AIM OF THE EXERCISE
Your answer should be one number: how many lines below have the word "subst".

*** Opening of RECORDS FOR THIS EXERCISE ***

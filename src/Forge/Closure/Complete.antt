-- ===== src/Forge/Closure/Complete.antt =====
-- internal/forge/scope.go: the loop ends, with exactly what the epic reaches.
use mathlib.Core.Path.{subst}
use botfam.Base.{
  length-filter-le, ℕ, zero, suc, ◌+◌, ◌≤◌, ◌<◌, ◌≡◌, refl, sym, ◌↔◌, inl, inr, true, false, not,
  ◌||◌, false≢true, some, List, [], ◌∷◌, ◌++◌, append-nil, arith, nat_eq_iff, Bool-cases, length,
  any, filter, length-append,
}
use botfam.Forge.Closure.{has, collect, Reach, Inv, Inv-pop, Inv-push}

module _ (children : ℕ → List ℕ) (root : ℕ) (budget : List ℕ → ℕ)
    (spend : (n : ℕ) (seen : List ℕ)
      → has n seen ≡ false
      → budget (n ∷ seen) + length (children n) ≤ budget seen) where
  collect-Inv :
      (rounds : ℕ) (queue seen : List ℕ)
      → length queue + budget seen < rounds
      → Inv children root queue seen
      → (r : List ℕ) × ((collect children rounds queue seen ≡ some r) × Inv children root [] r)
  unfolding collect
  collect-Inv zero queue seen h i = absurd (omega (arith, h))
  collect-Inv (suc rounds) [] seen h i = (seen, (refl, i))
  collect-Inv (suc rounds) (n ∷ queue) seen h i = elim (Bool-cases (has n seen)) [
    | inl e ↦
        rw (e, append-nil queue)
          (collect-Inv rounds queue seen (omega (arith, h))
            (Inv-pop children root n queue seen i e))
    | inr e ↦ rw e (
        let found = filter (λ ref. not (has ref (n ∷ seen))) (children n) in
        collect-Inv rounds (queue ++ found) (n ∷ seen)
          (omega (
            arith,
            h,
            length-append queue found,
            spend n seen e,
            length-filter-le (λ ref. not (has ref (n ∷ seen))) (children n),
          ))
          (Inv-push children root n queue seen i))
  ]

  drained : (n : ℕ) (r : List ℕ) → (has n r || has n []) ≡ true → has n r ≡ true
  unfolding has any
  drained n r h = ground (arith, h)

  reached : (r : List ℕ) → Inv children root [] r → (n : ℕ) → Reach children root n → has n r ≡ true
  unfolding Inv
  reached r i n Reach.here = drained root r i.2
  reached r i n (Reach.below m k t h) = drained n r (i.1 m n (reached r i m t) h)

  starts : Inv children root (root ∷ []) []
  unfolding Inv has any
  starts = (
    (λ n h.
        subst (λ k. Reach children root k) (sym ((nat_eq_iff n root).0 (ground (arith, h))))
          Reach.here),
    (λ m n hm hn. absurd (false≢true hm)),
    ground arith,
  )

  -- With fuel for the queue and the budget the loop ends, and what it collects is what the root reaches.
  pub collect-Reach :
      (rounds : ℕ)
      → 1 + budget [] < rounds
      → (r : List ℕ) × ((collect children rounds (root ∷ []) [] ≡ some r)
          × ((n : ℕ) → (has n r ≡ true) ↔ Reach children root n))
  unfolding Inv has any
  collect-Reach rounds h =
      let (r, (e, i)) = collect-Inv rounds (root ∷ []) [] (omega (arith, h)) starts in
      (r, (e, λ n. ((λ k. i.0 n k), reached r i n)))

*** Close of RECORDS FOR THIS EXERCISE ***

ANSWER TO THE EXERCISE
2